After selecting Faster Mode, you can choose the model to use on the right side. By default, the built-in tiny model is selected, which is the smallest model but also the least accurate.

The models tiny--base--small--medium--large increase in size, and their recognition accuracy also improves accordingly.
For Chinese videos, it is recommended to use at least the medium model. The model download address is: https://github.com/jianchang512/stt/releases/0.0
Models with the .en suffix and those starting with distil can only be used for English videos.
To the right of the model selection, there is a Whole Recognition dropdown menu. When expanded, it shows Equal Split. Generally, you can select Whole Recognition unless you have specific needs. If you want to split the audio into equal-length segments, such as making each subtitle last 10 seconds, you can choose Equal Split.
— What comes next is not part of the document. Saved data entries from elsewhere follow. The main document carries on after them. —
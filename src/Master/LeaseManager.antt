-- ===== src/Master/LeaseManager.antt =====
-- src/master/lease_manager.h and lease_manager.cc: the leases that the master grants, extends and
-- revokes. `now` is the reading of the clock that a call takes; times count the clock's ticks.
pub mod Grants
pub mod Attempts
pub mod Granted
pub mod Rounds
pub mod Safety
pub mod Revokes
use gfs_impl_cpp.Base.{if◌then◌else◌, ℕ, Bool, true, false, not, ◌||◌, none, some}
use gfs_impl_cpp.Base.Bytes.{Bytes, bytes_key}
use gfs_impl_cpp.Base.Int.{ℤ, pos, ◌+ℤ◌, ltb_ℤ}
use gfs_impl_cpp.Base.Map.{nat_key, contains}
use gfs_impl_cpp.Master.ChunkTable
use gfs_impl_cpp.Master.ChunkTable.{ChunkMeta, Lease}
use gfs_impl_cpp.Common.Config.{Config}
use gfs_impl_cpp.Common.Paths.{bytes_eq}

-- `Millis(1)` in nanoseconds, the ticks of `steady_clock`.
abbrev pub millisecond : ℤ
millisecond = pos 1000000

-- `!(now > lease.expiry + config_.lease_clock_skew_margin)`
abbrev pub is_current : Config → Lease → ℤ → Bool
is_current config lease now = not (ltb_ℤ (lease.expiry +ℤ config.lease_clock_skew_margin) now)

unfoldable pub is_valid : Config → ChunkMeta → ℤ → Bool
is_valid config meta now = elim meta.lease [
  | none ↦ false
  | some lease ↦
      if lease.revoked
      then false
      else if not (is_current config lease now)
      then false
      else contains lease.primary meta.locations
]

unfoldable pub is_pending_expiry : Config → ChunkMeta → ℤ → Bool
is_pending_expiry config meta now = elim meta.lease [
  | none ↦ false
  | some lease ↦
      if not (is_current config lease now)
      then false
      else lease.revoked || not (contains lease.primary meta.locations)
]

-- Called only where `meta` has a lease.
unfoldable pub wait_until : Config → Lease → ℤ
wait_until config lease = lease.expiry +ℤ config.lease_clock_skew_margin +ℤ millisecond

unfoldable pub extend_locked : Config → ChunkMeta → Bytes → ℤ → ChunkMeta × Bool
extend_locked config meta primary now = elim meta.lease [
  | none ↦ (meta, false)
  | some lease ↦
      if not (is_valid config meta now) || not (bytes_eq lease.primary primary)
      then (meta, false)
      else (
        record meta { lease = some (record lease { expiry = now +ℤ config.lease_duration }) },
        true,
      )
]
Then, in the menu under Tools/Advanced Settings → Advanced Settings → VAD Parameters, set the segment duration in seconds.
To speed up tasks, on Windows and Linux systems with NVIDIA GPUs, you can configure and install the CUDA and cuDNN environments, then enable CUDA Acceleration to significantly improve execution speed.

View CUDA and cuDNN Installation Tutorial
Auto-Detect Language 

After version v2.59, the original language dropdown menu includes an "Auto-Detect" option. Use this when the language is unknown or not among the 24 supported languages. The program will attempt to automatically identify the spoken language.
However, if possible, try to avoid using this option, especially if there is no clear speech in the first 30 seconds of the video. This is because the auto-detection mechanism analyzes the first 30 seconds of audio to determine the language for the entire video.
Another point to note: Some languages with similar pronunciation but different writing systems may not be accurately identified and could be randomly assigned to either variant. For example, a Chinese video might be randomly detected as Simplified or Traditional Chinese.